*What the task requires*:
Look below for the line holding "keeper_lines p keeper" and the line holding "(append end_lines (append". Transcribe exactly those lines and all lines between them, nothing more.

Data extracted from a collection
------------------------

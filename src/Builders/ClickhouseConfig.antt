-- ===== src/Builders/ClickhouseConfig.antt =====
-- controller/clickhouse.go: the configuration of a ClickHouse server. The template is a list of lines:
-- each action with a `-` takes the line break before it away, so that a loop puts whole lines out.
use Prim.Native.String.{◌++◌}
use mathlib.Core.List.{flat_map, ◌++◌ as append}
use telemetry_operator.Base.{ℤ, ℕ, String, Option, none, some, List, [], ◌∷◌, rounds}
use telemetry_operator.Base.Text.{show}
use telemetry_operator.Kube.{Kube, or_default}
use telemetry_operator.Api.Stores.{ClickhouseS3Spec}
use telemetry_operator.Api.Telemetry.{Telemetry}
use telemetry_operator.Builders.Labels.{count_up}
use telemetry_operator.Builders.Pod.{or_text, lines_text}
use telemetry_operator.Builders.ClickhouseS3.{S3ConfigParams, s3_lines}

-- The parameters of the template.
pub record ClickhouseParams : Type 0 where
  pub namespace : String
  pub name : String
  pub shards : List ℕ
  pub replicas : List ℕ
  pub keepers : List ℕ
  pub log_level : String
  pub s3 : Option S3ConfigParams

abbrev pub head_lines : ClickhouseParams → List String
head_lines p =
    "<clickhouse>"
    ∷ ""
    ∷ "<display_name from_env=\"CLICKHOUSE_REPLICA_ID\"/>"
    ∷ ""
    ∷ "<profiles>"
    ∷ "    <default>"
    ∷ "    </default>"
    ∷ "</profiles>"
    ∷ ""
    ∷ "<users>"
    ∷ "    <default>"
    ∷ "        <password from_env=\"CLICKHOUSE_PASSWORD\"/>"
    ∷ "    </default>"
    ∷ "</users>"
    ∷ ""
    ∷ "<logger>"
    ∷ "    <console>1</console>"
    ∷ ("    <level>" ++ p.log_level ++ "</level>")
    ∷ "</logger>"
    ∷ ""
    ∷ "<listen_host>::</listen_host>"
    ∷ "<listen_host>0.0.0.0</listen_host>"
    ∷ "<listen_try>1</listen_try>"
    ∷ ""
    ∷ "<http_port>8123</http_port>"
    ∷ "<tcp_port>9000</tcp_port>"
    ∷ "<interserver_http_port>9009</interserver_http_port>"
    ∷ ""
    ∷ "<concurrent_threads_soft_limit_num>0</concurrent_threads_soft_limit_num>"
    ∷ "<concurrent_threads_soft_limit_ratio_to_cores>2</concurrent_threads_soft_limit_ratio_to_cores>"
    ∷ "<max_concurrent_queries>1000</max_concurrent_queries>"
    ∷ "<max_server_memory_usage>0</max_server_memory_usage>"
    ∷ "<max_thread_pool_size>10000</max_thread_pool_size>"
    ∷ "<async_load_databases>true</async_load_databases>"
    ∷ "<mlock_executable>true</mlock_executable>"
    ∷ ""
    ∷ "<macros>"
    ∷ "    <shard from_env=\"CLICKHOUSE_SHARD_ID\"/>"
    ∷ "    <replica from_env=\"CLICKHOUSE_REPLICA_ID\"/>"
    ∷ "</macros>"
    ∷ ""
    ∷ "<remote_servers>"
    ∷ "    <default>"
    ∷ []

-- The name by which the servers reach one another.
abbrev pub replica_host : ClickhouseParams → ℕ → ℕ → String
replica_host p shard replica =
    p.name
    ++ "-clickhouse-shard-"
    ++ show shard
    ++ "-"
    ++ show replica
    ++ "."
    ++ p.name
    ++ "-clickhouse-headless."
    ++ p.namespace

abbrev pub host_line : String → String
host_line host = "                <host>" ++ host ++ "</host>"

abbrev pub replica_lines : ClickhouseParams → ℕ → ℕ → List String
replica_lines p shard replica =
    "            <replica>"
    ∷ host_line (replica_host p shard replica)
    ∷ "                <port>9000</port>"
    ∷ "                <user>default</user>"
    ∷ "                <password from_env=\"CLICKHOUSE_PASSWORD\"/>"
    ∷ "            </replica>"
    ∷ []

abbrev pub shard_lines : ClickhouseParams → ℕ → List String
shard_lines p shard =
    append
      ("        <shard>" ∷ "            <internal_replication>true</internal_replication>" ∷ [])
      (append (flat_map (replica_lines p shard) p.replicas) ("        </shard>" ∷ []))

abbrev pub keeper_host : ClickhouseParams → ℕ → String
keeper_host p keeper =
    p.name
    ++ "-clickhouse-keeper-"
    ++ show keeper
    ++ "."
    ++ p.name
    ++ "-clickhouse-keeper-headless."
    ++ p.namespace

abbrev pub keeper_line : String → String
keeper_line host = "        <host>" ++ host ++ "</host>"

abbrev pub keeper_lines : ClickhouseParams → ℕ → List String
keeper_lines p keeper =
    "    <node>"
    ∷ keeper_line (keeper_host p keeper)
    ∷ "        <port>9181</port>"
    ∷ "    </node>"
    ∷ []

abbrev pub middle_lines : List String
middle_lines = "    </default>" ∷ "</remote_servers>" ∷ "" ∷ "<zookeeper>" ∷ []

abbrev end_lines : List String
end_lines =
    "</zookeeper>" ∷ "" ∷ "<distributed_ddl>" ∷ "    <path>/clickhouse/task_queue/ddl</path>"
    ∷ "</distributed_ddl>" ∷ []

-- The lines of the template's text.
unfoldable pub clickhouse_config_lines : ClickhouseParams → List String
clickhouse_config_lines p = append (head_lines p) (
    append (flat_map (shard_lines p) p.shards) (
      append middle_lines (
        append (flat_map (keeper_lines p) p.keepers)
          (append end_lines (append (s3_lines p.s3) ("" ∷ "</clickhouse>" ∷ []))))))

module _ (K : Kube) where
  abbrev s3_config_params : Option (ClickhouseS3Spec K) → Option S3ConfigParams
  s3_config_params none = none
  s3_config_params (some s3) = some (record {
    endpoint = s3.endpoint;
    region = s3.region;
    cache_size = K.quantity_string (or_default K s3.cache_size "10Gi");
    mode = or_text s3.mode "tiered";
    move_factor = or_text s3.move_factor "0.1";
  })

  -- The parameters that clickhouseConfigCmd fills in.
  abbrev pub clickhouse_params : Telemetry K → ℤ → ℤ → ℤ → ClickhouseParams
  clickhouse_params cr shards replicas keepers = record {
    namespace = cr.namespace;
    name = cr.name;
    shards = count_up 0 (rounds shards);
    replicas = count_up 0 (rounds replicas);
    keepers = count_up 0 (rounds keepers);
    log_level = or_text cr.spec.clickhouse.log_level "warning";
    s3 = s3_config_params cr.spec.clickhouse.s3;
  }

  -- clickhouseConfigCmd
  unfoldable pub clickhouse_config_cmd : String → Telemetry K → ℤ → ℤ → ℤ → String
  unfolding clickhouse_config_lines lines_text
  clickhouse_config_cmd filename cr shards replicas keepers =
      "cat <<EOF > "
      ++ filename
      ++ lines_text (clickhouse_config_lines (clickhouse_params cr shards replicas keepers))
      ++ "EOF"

------------------------

*Expected answer*:
keeper_lines p keeper =
    "    <node>"
    ∷ keeper_line (keeper_host p keeper)
    ∷ "        <port>9181</port>"
    ∷ "    </node>"
    ∷ []

abbrev pub middle_lines : List String
middle_lines = "    </default>" ∷ "</remote_servers>" ∷ "" ∷ "<zookeeper>" ∷ []

abbrev end_lines : List String
end_lines =
    "</zookeeper>" ∷ "" ∷ "<distributed_ddl>" ∷ "    <path>/clickhouse/task_queue/ddl</path>"
    ∷ "</distributed_ddl>" ∷ []

-- The lines of the template's text.
unfoldable pub clickhouse_config_lines : ClickhouseParams → List String
clickhouse_config_lines p = append (head_lines p) (
    append (flat_map (shard_lines p) p.shards) (
      append middle_lines (
        append (flat_map (keeper_lines p) p.keepers)
          (append end_lines (append (s3_lines p.s3) ("" ∷ "</clickhouse>" ∷ []))))))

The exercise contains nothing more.